2. **Compare to patterns** - Does this match known algorithmic patterns?
3. **Verify with evidence** - Check for characteristic constants, operations, structure
4. **Document pattern** - Bookmark with pattern name for reference
5. **Improve code** - Rename variables/functions to reflect pattern (e.g., `aes_encrypt`, `rc4_keystream`)
### Example Investigation
```
Observation: Function with nested loops, array lookups, XOR operations
Compare: Matches "Block Cipher" or "Stream Cipher" patterns
Verify:
- Check for large constant array (S-box?)
- Count outer loop iterations (rounds?)
- Look for key schedule function
Find: 256-byte array starting 63 7c 77 7b...
14 iterations in outer loop
Conclusion: AES-256 (14 rounds, standard S-box)
Improve:
rename-variables: state→aes_state, table→aes_sbox
set-function-prototype: void aes_encrypt(uint8_t* data, uint8_t* key)
set-comment: "AES-256 encryption using standard S-box"
```
### Pattern Combination
Real-world code combines multiple patterns:
**Example: Malware C2 Communication**
```
[Command Dispatcher] receives command from network
[State Machine] tracks connection state
[Callback Functions] handle specific commands
[Buffer Management] manages received data
[Encryption] protects command payloads
```
When you identify one pattern, look for related patterns in:
- Functions that call this one (higher-level orchestration)
- Functions called by this one (lower-level primitives)

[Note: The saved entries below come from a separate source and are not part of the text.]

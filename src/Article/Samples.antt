-- ===== src/Article/Samples.antt =====
-- internal/handlers/articleanalysis: ASCII texts, and the theorems at them.
use calligraphy.Base.{
  All, ℕ, ◌+◌, ◌*◌, ◌/◌, ◌≡◌, ◌↔◌, refl, min, List, [], ◌∷◌, Bool, ◌&&◌, ◌||◌, ◌==◌, Option, none,
  some, if◌then◌else◌, ltb, leb, length, Result, ok, same_bytes, arith,
}
use calligraphy.Job.Errors.{Bytes, Err}
use calligraphy.Job.Record.{codes}
use calligraphy.Article.Text.{Runes, Unicode, split_sentences, split_paragraphs}
use calligraphy.Article.Words.{tokenize, count_syllables}
use calligraphy.Article.Pieces.{flatten, without}
use calligraphy.Article.Sentences.{IsTrimmed, split_sentences-ink}
use calligraphy.Article.Language.{
  Language, en, es, fr, de, detect_language, votes, stopwords_en, stopwords_es, stopwords_fr,
  stopwords_de,
}
use calligraphy.Article.Votes.{Leads, IsRange, detect_language_iff}
use calligraphy.Article.Ranking.{Floats}
use calligraphy.Article.Graph.{weight, weight_in, link_all, no_edges}
use calligraphy.Article.Keywords.{or_default}
use calligraphy.Article.Summary.{summary_text_rank}
use calligraphy.Article.Excerpt.{summary-InOrder}
use calligraphy.Article.Places.{excerpt, InOrder}
use calligraphy.Article.Handle.{Orders, Analysis, Libraries, handle}
use calligraphy.Article.Answers.{Answer, handle_bounded}

abbrev within : ℕ → ℕ → ℕ → Bool
within lo hi c = leb lo c && leb c hi

abbrev ascii : Unicode
ascii = record {
  is_letter = λ c. within b'a' b'z' c || within b'A' b'Z' c;
  is_digit = within b'0' b'9';
  is_upper = within b'A' b'Z';
  is_space = λ c. (c == b' ') || within 9 13 c;
  to_lower = λ c. if within b'A' b'Z' c then c + 32 else c;
}

abbrev story : Runes
story = codes "Mr. Fox didn't run. It hid in v2.0 of the den! Why?"

two_tokens : tokenize ascii (codes "Don't -stop-") ≡ codes "don't" ∷ codes "stop" ∷ []
unfolding tokenize
two_tokens = refl

split_sentences-ink_example :
    (without ascii.is_space (flatten (split_sentences ascii story)) ≡ without ascii.is_space story)
    × All (IsTrimmed ascii) (split_sentences ascii story)
split_sentences-ink_example = split_sentences-ink ascii story

three_sentences :
    split_sentences ascii story
    ≡ codes "Mr. Fox didn't run." ∷ codes "It hid in v2.0 of the den!" ∷ codes "Why?" ∷ []
unfolding split_sentences same_bytes
three_sentences = refl

two_paragraphs : length (split_paragraphs ascii (codes "a\n \n\nb\nc")) ≡ 2
unfolding split_paragraphs
two_paragraphs = refl

-- A silent e behind `-le` is counted, though the l follows a vowel.
whole_counts_two : count_syllables ascii (codes "whole") ≡ 2
unfolding count_syllables same_bytes
whole_counts_two = refl

cake_counts_one : count_syllables ascii (codes "cake") ≡ 1
unfolding count_syllables same_bytes
cake_counts_one = refl

-- Ten words that are stopwords of Spanish and of French.
abbrev ten_de : List Runes
ten_de = let w = codes "de" in w ∷ w ∷ w ∷ w ∷ w ∷ w ∷ w ∷ w ∷ w ∷ w ∷ []

de_is_spanish : detect_language (es ∷ fr ∷ []) ten_de ≡ es
unfolding detect_language stopwords_en stopwords_es stopwords_fr stopwords_de same_bytes
de_is_spanish = refl

de_is_french : detect_language (fr ∷ es ∷ []) ten_de ≡ fr
unfolding detect_language stopwords_en stopwords_es stopwords_fr stopwords_de same_bytes
de_is_french = refl

detect_language_iff_example :
    ((order : List Language) × IsRange (λ k. votes k ten_de) order
      × (detect_language order ten_de ≡ fr))
    ↔ Leads ten_de fr
detect_language_iff_example = detect_language_iff ten_de fr (λ e. ground arith)

abbrev places : List (Option ℕ)
places = some 0 ∷ some 1 ∷ none ∷ some 0 ∷ []

meet_twice : weight (link_all places no_edges) 0 1 ≡ 2
unfolding link_all weight_in
meet_twice = refl

-- Whole numbers in place of the floating-point ones.
abbrev whole : Floats
whole = record {
  F = ℕ;
  of_ℕ = λ n. n;
  lit = λ s. 1;
  add = λ a b. a + b;
  sub = λ a b. a;
  mul = λ a b. a * b;
  div = λ a b. a / b;
  log = λ a. a;
  eq = λ a b. a == b;
  lt = ltb;
  round1 = λ a. a;
  round4 = λ a. a;
}

abbrev orders : Orders whole
orders = record { languages = λ ws. en ∷ es ∷ fr ∷ de ∷ []; edges = λ row. row }

summary-InOrder_example :
    let ss = split_sentences ascii story in
    (is : List ℕ) × (summary_text_rank whole (λ row. row) ascii ss 2 ≡ some (excerpt ss is))
    × InOrder (length ss) is
    × (length is ≡ min (or_default 2 3) (length ss))
summary-InOrder_example =
    summary-InOrder whole (λ row. row) ascii (split_sentences ascii story) 2 (omega arith)

abbrev libraries : Libraries whole orders ascii
libraries = record {
  unmarshal =
      λ b. ok (record { article_id = []; text = story; top_keywords = 70; summary_sentences = 2 });
  marshal = λ id a elapsed. ok [];
  bad_payload = [];
  text_required = [];
  encoding = [];
}

handle_bounded_example :
    (enc : Option (Analysis whole orders ascii)) × (r : Result Err Bytes) × (handle whole orders
        ascii libraries none 5 []
      ≡ some (enc, r))
    × Answer whole orders ascii none enc r
handle_bounded_example = handle_bounded whole orders ascii libraries none 5 []
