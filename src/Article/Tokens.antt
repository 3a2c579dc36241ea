-- ===== src/Article/Tokens.antt =====
-- internal/handlers/articleanalysis/analyzer.go: what the tokens of a text are.
use calligraphy.Base.{
  All, All-append, ℕ, ◌≡◌, ◌≢◌, sym, ap, ◌∙◌, inl, inr, [], ◌∷◌, ◌++◌, true, false, not, ◌&&◌,
  if◌then◌else◌, Bool-cases, append_nil, append_assoc, arith,
}
use calligraphy.Article.Text.{Runes, Unicode, is_empty}
use calligraphy.Article.Words.{is_mark, is_word, emit, scan_words, tokenize}
use calligraphy.Article.Pieces.{
  flatten, flatten-append, flatten_one, flatten-nil, without, without-nil, without-append,
  without_snoc, without-trim_right, StartsClear, EndsClear, trim_right-EndsClear, trim_right_clear,
  StartsClear-snoc,
}

-- What the tables of package unicode say of an apostrophe and a hyphen: they are neither letters nor
-- digits, and no lower case of these.
pub record SparesMarks (u : Unicode) : Type 0 where
  pub no_word : (c : ℕ) → is_mark c ≡ true → is_word u c ≡ false
  pub no_lower : (c : ℕ) → is_word u c ≡ true → is_mark (u.to_lower c) ≡ false

-- The letters and digits of a text, in lower case.
pub lowered : Unicode → Runes → Runes
lowered u [] = []
lowered u (c ∷ cs) = if is_word u c then u.to_lower c ∷ lowered u cs else lowered u cs

abbrev pub IsToken : Runes → Type 0
IsToken w = (w ≢ []) × StartsClear is_mark w × EndsClear is_mark w

abbrev StartsWord : Runes → Type 0
StartsWord cur = StartsClear is_mark cur

module _ (u : Unicode) (s : SparesMarks u) where
  emit-letters : (cur : Runes) → without is_mark (flatten (emit cur)) ≡ without is_mark cur
  emit-letters [] = ap (without is_mark) flatten-nil
  emit-letters (c ∷ cs) = rw flatten_one (without-trim_right is_mark (c ∷ cs))

  scan_words-letters :
      (text cur : Runes)
      → without is_mark (flatten (scan_words u text cur)) ≡ without is_mark cur ++ lowered u text
  unfolding scan_words lowered
  scan_words-letters [] cur = emit-letters cur ∙ sym (append_nil (without is_mark cur))
  scan_words-letters (r ∷ rs) cur = elim (Bool-cases (is_word u r)) [
    | inl e ↦
        rw
          (
            e,
            scan_words-letters rs (cur ++ u.to_lower r ∷ []),
            without_snoc is_mark cur,
            s.no_lower r e,
          )
          (append_assoc (without is_mark cur) (u.to_lower r ∷ []) (lowered u rs))
    | inr e ↦ elim (Bool-cases (is_mark r && not (is_empty cur))) [
      | inl k ↦
          let m : is_mark r ≡ true = ground arith in
          rw (e, k, scan_words-letters rs (cur ++ r ∷ []), without_snoc is_mark cur, m)
            (append_assoc (without is_mark cur) [] (lowered u rs))
      | inr k ↦ rw (
        e,
        k,
        flatten-append (emit cur),
        without-append is_mark,
        emit-letters cur,
        scan_words-letters rs [],
        without-nil,
      )
    ]
  ]

  emit-Tokens : (cur : Runes) → StartsWord cur → All IsToken (emit cur)
  emit-Tokens [] w = tt
  emit-Tokens (c ∷ cs) w =
      let kept = trim_right_clear is_mark c cs w in
      ((λ e. cc (kept, e), rw kept w, trim_right-EndsClear is_mark (c ∷ cs)), tt)

  scan_words-Tokens : (text cur : Runes) → StartsWord cur → All IsToken (scan_words u text cur)
  unfolding scan_words
  scan_words-Tokens [] cur w = emit-Tokens cur w
  scan_words-Tokens (r ∷ rs) cur w = elim (Bool-cases (is_word u r)) [
    | inl e ↦
        let clear : is_empty cur && is_mark (u.to_lower r) ≡ false =
          ground (arith, s.no_lower r e) in
        rw e (
          scan_words-Tokens rs (cur ++ u.to_lower r ∷ [])
            (StartsClear-snoc is_mark cur (u.to_lower r) w clear))
    | inr e ↦ elim (Bool-cases (is_mark r && not (is_empty cur))) [
      | inl k ↦
          rw (e, k)
            (scan_words-Tokens rs (cur ++ r ∷ []) (StartsClear-snoc is_mark cur r w (ground arith)))
      | inr k ↦
          rw (e, k)
            (All-append IsToken (emit cur) (scan_words u rs []) (emit-Tokens cur w)
              (scan_words-Tokens rs [] tt))
    ]
  ]

  -- The tokens of a text hold exactly its letters and digits, in lower case and in their order; none
  -- is lost, doubled or made up. A token is not empty, and no apostrophe or hyphen stands at its
  -- start or its end.
  pub tokenize-letters :
      (text : Runes)
      → (without is_mark (flatten (tokenize u text)) ≡ lowered u text)
        × All IsToken (tokenize u text)
  unfolding tokenize
  tokenize-letters text = (
    scan_words-letters text [] ∙ ap (λ t. t ++ lowered u text) (without-nil is_mark),
    scan_words-Tokens text [] tt,
  )
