-- ===== src/Bench.antt =====
-- internal/handlers/bench/bench.go: the handlers of the benchmark. The JSON codec, SHA-256, the
-- random draw and the comparison with a rate are arguments. Durations and counts of a payload are
-- 64-bit patterns.
pub mod Workload
mod Samples
use calligraphy.Base.{
  ℕ, zero, suc, ◌+◌, ◌*◌, ◌/◌, ◌%◌, String, List, [], ◌∷◌, ◌++◌, Bool, true, false, not, ◌&&◌,
  Option, none, some, is_some, if◌then◌else◌, slt, i64, ltb, leb, ◌==◌, Result, ok, err,
}
use Prim.Native.Nat.{bit_xor}
use calligraphy.Job.Errors.{Bytes, Err, plain, wrapped, non_retryable}
use calligraphy.Job.Record.{codes}

pub record SleepPayload : Type 0 where
  pub ms : ℕ
  pub jitter_ms : ℕ

pub data Text : Type 0 where
  bad_payload unprocessable : Text
  transient : ℕ → Text

-- What a handler returns, before it is printed.
pub data Done : Type 0 where
  slept_for : ℕ → Done  -- it prints the milliseconds
  digest : ℕ → Bytes → Done
  on_attempt : ℕ → Done

-- When the context of the attempt is done, after its start, and with what error.
pub record Ending : Type 0 where
  pub at : ℕ
  pub error : Err

-- A timer and the context: whichever is first; a duration that is not positive fires at once.
unfoldable pub wait : ℕ → Option Ending → Option Err
wait d none = none
wait d (some e) = if slt 0 d && ltb e.at (i64 d) then some e.error else none

unfoldable pub sleep_for : (ℕ → ℕ) → SleepPayload → ℕ
sleep_for draw p =
    let ms = if slt 0 p.ms then p.ms else 50 in
    i64 (i64 (ms * 1000000) + (if slt 0 p.jitter_ms then i64 (draw p.jitter_ms * 1000000) else 0))

abbrev pub slept : ℕ → Option Err → Result Err Done
slept d (some e) = err e
slept d none = ok (slept_for d)

unfoldable pub handle_sleep :
    (Text → Bytes) → (ℕ → ℕ) → Option Ending → Result Err SleepPayload → Result Err Done
unfolding sleep_for wait
handle_sleep text draw ending (err e) = err (non_retryable (wrapped (text bad_payload) e))
handle_sleep text draw ending (ok p) = let d = sleep_for draw p in slept d (wait d ending)

-- The chain: `done i` is whether the context is done when round `i` looks at it. Beside the sum
-- stands how many rounds were computed.
unfoldable pub chain : (Bytes → Bytes) → (ℕ → Option Err) → ℕ → ℕ → Bytes → Result Err Bytes × ℕ
chain sha done zero i sum = (ok sum, i)
chain sha done (suc n) i sum =
    let next = sha sum in
    let on = chain sha done n (suc i) next in
    if i % 50000 == 0 then elim (done i) [ some e ↦ (err e, suc i) | none ↦ on ] else on

abbrev pub rounds : ℕ → ℕ
rounds n = if slt 0 n then i64 n else 100000

abbrev pub digested : ℕ → Result Err Bytes × ℕ → Result Err Done
digested n (err e, k) = err e
digested n (ok sum, k) = ok (digest n sum)

unfoldable pub handle_cpu :
    (Text → Bytes) → (Bytes → Bytes) → (ℕ → Option Err) → Bytes → Result Err ℕ → Result Err Done
unfolding chain
handle_cpu text sha done id (err e) = err (non_retryable (wrapped (text bad_payload) e))
handle_cpu text sha done id (ok n) = digested (rounds n) (chain sha done (rounds n) 0 (sha id))

-- FNV-1a over 64 bits.
unfoldable pub fnv : Bytes → ℕ → ℕ
fnv [] h = h
fnv (b ∷ bs) h = fnv bs (bit_xor h b * 1099511628211 % 18446744073709551616)

-- The eight bytes of an integer, the lowest first.
unfoldable pub little_endian : ℕ → ℕ → Bytes
little_endian zero n = []
little_endian (suc k) n = (n % 256) ∷ little_endian k (n / 256)

-- `draw` in hundred-thousandths.
unfoldable pub draw : Bytes → Bytes → ℕ → ℕ
unfolding fnv little_endian
draw label id attempt = fnv (label ++ (id ++ little_endian 8 attempt)) 14695981039346656037 % 100000

-- The rates are what a draw is held against: `below n r` is n / 100000 < r.
pub record FlakyPayload (Rate : Type 0) : Type 0 where
  pub fail_rate : Rate
  pub permanent_rate : Rate
  pub sleep_ms : ℕ

module _ {Rate : Type 0} (text : Text → Bytes) (below : ℕ → Rate → Bool) where
  abbrev pub drawn : Bytes → ℕ → FlakyPayload Rate → Result Err Done
  drawn id n p =
      if below (draw (codes "permanent") id 0) p.permanent_rate
      then err (non_retryable (plain (text unprocessable)))
      else if below (draw (codes "transient") id n) p.fail_rate
      then err (plain (text (transient n)))
      else ok (on_attempt n)

  abbrev pub rested : Option Err → Bytes → ℕ → FlakyPayload Rate → Result Err Done
  rested (some e) id n p = err e
  rested none id n p = drawn id n p

  unfoldable pub handle_flaky :
      Option Ending → Bytes → ℕ → Result Err (FlakyPayload Rate) → Result Err Done
  unfolding draw wait
  handle_flaky ending id n (err e) = err (non_retryable (wrapped (text bad_payload) e))
  handle_flaky ending id n (ok p) =
      rested (if slt 0 p.sleep_ms then wait (i64 (p.sleep_ms * 1000000)) ending else none) id n p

- Cross-references to shared data structures
### Progressive Understanding
Don't need to identify every pattern perfectly:
**First pass:** "This looks like crypto (lots of XOR and loops)"
**Second pass:** "Probably a stream cipher (simple state, no large tables)"
**Third pass:** "Matches RC4 pattern (256-byte init, swap operations)"
**Fourth pass:** "Confirmed RC4 (found KSA and PRGA pattern)"
Each pass refines understanding and guides further investigation.